→ Required work
Transcribe the following entries word for word. End with the line where "abbrev two_bytes : KeyFormat" appears.

→ Material for the task

-----

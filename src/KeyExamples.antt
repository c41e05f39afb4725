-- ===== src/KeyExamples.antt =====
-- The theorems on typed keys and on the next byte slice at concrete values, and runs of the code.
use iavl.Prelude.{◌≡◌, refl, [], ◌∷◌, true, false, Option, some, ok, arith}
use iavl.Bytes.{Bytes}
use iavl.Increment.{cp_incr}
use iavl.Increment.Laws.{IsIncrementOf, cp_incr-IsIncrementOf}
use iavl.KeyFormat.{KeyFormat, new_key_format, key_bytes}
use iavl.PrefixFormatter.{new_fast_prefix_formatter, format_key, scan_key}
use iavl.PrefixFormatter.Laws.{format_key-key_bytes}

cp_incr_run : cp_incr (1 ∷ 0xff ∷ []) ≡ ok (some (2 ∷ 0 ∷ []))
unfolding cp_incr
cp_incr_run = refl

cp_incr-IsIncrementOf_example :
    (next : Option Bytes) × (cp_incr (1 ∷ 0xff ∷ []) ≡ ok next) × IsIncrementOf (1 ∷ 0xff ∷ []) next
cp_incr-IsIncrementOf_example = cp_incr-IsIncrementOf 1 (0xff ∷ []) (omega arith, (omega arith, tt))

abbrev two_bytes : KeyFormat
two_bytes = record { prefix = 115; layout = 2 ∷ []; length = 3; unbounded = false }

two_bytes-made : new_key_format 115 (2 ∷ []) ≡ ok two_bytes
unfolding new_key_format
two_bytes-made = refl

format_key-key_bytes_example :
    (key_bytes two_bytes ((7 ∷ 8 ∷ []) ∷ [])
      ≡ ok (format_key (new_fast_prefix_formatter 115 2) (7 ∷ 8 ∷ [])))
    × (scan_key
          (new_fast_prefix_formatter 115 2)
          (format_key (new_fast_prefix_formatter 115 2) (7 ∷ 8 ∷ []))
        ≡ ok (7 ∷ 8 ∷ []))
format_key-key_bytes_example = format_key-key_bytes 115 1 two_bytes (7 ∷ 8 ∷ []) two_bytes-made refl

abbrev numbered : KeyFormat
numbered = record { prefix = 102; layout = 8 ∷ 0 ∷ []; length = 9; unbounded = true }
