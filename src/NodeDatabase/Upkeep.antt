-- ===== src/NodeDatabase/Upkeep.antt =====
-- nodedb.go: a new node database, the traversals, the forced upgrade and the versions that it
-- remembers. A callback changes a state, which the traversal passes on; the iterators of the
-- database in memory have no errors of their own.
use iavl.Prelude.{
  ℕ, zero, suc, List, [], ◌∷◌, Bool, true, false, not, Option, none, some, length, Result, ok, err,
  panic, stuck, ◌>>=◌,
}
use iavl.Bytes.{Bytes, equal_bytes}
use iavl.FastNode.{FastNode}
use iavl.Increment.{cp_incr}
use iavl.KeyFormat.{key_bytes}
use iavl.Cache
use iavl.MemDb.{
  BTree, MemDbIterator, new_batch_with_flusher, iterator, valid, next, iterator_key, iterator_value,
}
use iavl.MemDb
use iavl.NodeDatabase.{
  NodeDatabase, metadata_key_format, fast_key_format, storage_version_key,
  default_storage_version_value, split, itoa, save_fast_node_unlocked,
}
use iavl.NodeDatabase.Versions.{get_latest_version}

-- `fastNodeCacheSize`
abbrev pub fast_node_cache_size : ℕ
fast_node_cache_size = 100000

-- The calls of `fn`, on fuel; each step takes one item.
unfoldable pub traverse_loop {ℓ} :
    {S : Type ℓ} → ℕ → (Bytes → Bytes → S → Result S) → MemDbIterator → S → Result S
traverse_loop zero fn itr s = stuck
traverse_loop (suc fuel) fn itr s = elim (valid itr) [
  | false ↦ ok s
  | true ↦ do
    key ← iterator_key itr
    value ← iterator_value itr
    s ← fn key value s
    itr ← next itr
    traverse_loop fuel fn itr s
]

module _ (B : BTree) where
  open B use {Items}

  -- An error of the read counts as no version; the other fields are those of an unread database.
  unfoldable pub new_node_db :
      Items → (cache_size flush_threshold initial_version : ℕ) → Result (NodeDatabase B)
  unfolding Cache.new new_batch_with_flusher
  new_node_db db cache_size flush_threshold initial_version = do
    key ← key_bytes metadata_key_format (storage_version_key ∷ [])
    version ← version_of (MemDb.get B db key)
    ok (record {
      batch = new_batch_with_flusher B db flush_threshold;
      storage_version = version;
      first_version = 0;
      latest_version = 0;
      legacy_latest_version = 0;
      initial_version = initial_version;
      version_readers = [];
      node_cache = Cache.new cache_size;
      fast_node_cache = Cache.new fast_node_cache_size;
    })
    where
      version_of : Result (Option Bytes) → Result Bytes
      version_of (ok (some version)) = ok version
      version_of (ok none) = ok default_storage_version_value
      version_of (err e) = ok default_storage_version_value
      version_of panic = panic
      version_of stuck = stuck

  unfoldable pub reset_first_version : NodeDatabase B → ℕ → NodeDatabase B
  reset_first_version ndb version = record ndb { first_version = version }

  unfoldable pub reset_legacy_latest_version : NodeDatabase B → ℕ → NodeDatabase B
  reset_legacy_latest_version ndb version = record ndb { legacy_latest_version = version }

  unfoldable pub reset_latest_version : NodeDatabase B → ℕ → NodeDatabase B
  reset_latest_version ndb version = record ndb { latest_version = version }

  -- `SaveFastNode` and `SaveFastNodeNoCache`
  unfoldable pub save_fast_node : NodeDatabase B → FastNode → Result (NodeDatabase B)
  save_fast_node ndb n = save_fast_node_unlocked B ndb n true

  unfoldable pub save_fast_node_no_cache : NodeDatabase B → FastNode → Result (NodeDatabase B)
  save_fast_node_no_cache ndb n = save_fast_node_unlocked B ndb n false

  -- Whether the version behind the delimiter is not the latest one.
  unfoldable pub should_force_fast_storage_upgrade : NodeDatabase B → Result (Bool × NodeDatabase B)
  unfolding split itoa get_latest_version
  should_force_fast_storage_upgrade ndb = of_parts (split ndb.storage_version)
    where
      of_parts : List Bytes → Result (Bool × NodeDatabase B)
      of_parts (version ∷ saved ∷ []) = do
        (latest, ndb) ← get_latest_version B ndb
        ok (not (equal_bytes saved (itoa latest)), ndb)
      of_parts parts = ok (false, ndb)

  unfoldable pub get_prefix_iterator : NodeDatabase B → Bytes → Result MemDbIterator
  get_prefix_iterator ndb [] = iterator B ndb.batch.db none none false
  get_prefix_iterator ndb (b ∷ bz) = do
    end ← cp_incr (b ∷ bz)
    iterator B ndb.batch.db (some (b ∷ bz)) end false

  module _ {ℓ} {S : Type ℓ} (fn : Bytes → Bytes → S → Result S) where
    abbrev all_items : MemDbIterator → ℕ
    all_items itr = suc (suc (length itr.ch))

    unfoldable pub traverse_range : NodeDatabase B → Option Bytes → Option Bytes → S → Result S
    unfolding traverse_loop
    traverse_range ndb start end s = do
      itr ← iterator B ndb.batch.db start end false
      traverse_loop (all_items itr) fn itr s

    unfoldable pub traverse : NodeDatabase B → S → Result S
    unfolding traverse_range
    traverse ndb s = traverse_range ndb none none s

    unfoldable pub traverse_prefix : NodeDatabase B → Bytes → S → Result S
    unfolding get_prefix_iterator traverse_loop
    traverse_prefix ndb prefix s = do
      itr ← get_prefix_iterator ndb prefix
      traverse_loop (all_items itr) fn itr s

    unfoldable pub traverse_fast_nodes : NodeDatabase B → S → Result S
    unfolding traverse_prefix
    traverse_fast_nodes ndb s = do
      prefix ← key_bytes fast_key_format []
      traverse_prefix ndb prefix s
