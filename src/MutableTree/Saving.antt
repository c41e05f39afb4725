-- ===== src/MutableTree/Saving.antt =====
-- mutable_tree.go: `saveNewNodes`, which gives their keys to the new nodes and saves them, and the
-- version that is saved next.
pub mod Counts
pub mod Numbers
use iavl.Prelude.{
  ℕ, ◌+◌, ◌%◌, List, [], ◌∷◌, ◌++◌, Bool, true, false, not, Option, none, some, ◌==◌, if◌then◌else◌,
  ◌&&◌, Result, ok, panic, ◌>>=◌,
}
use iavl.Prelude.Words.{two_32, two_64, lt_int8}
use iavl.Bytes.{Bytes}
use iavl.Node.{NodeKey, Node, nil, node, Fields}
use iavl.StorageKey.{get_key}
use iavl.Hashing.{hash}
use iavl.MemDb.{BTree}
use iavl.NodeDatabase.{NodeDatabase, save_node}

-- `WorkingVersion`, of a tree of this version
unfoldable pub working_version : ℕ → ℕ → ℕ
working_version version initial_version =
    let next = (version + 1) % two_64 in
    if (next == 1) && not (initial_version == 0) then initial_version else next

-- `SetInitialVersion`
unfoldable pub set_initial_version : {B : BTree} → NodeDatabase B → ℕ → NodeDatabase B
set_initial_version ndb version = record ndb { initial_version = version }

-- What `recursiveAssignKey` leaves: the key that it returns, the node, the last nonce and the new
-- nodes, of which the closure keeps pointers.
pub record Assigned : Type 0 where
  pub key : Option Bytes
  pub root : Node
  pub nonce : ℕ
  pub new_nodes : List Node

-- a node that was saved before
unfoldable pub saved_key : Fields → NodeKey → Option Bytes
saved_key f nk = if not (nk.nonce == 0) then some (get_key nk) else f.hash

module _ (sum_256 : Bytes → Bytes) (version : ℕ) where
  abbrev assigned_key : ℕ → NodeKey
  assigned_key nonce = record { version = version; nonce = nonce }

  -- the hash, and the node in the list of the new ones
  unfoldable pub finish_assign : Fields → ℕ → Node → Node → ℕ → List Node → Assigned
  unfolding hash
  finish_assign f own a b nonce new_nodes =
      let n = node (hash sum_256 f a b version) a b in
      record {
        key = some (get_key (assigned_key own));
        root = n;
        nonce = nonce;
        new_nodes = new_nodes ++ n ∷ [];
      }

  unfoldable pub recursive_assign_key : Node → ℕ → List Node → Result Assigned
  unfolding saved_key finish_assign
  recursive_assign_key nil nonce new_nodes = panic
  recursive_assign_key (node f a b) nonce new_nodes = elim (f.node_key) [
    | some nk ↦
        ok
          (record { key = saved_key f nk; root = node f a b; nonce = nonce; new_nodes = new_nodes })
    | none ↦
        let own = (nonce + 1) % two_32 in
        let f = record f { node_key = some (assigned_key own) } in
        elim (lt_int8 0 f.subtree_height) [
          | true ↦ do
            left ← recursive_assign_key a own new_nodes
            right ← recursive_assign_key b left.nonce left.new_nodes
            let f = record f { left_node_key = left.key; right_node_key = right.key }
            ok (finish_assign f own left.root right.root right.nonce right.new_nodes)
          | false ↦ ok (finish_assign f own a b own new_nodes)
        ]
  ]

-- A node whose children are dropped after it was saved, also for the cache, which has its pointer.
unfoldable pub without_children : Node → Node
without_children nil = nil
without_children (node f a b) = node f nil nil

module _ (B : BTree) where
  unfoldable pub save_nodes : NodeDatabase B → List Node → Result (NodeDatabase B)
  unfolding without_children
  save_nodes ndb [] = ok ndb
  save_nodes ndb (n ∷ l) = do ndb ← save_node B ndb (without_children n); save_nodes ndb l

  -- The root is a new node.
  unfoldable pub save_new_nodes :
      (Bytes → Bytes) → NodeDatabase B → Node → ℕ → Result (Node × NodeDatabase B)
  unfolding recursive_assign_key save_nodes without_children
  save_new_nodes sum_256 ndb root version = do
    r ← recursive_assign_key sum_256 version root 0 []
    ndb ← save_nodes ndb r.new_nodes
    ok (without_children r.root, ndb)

-----

→ Task solution
filename src/KeyExamples.antt
repository c41e05f39afb4725
-- ===== src/KeyExamples.antt =====
-- The theorems on typed keys and on the next byte slice at concrete values, and runs of the code.
use iavl.Prelude.{◌≡◌, refl, [], ◌∷◌, true, false, Option, some, ok, arith}
use iavl.Bytes.{Bytes}
use iavl.Increment.{cp_incr}
use iavl.Increment.Laws.{IsIncrementOf, cp_incr-IsIncrementOf}
use iavl.KeyFormat.{KeyFormat, new_key_format, key_bytes}
use iavl.PrefixFormatter.{new_fast_prefix_formatter, format_key, scan_key}
use iavl.PrefixFormatter.Laws.{format_key-key_bytes}

cp_incr_run : cp_incr (1 ∷ 0xff ∷ []) ≡ ok (some (2 ∷ 0 ∷ []))
unfolding cp_incr
cp_incr_run = refl

cp_incr-IsIncrementOf_example :
    (next : Option Bytes) × (cp_incr (1 ∷ 0xff ∷ []) ≡ ok next) × IsIncrementOf (1 ∷ 0xff ∷ []) next
cp_incr-IsIncrementOf_example = cp_incr-IsIncrementOf 1 (0xff ∷ []) (omega arith, (omega arith, tt))

abbrev two_bytes : KeyFormat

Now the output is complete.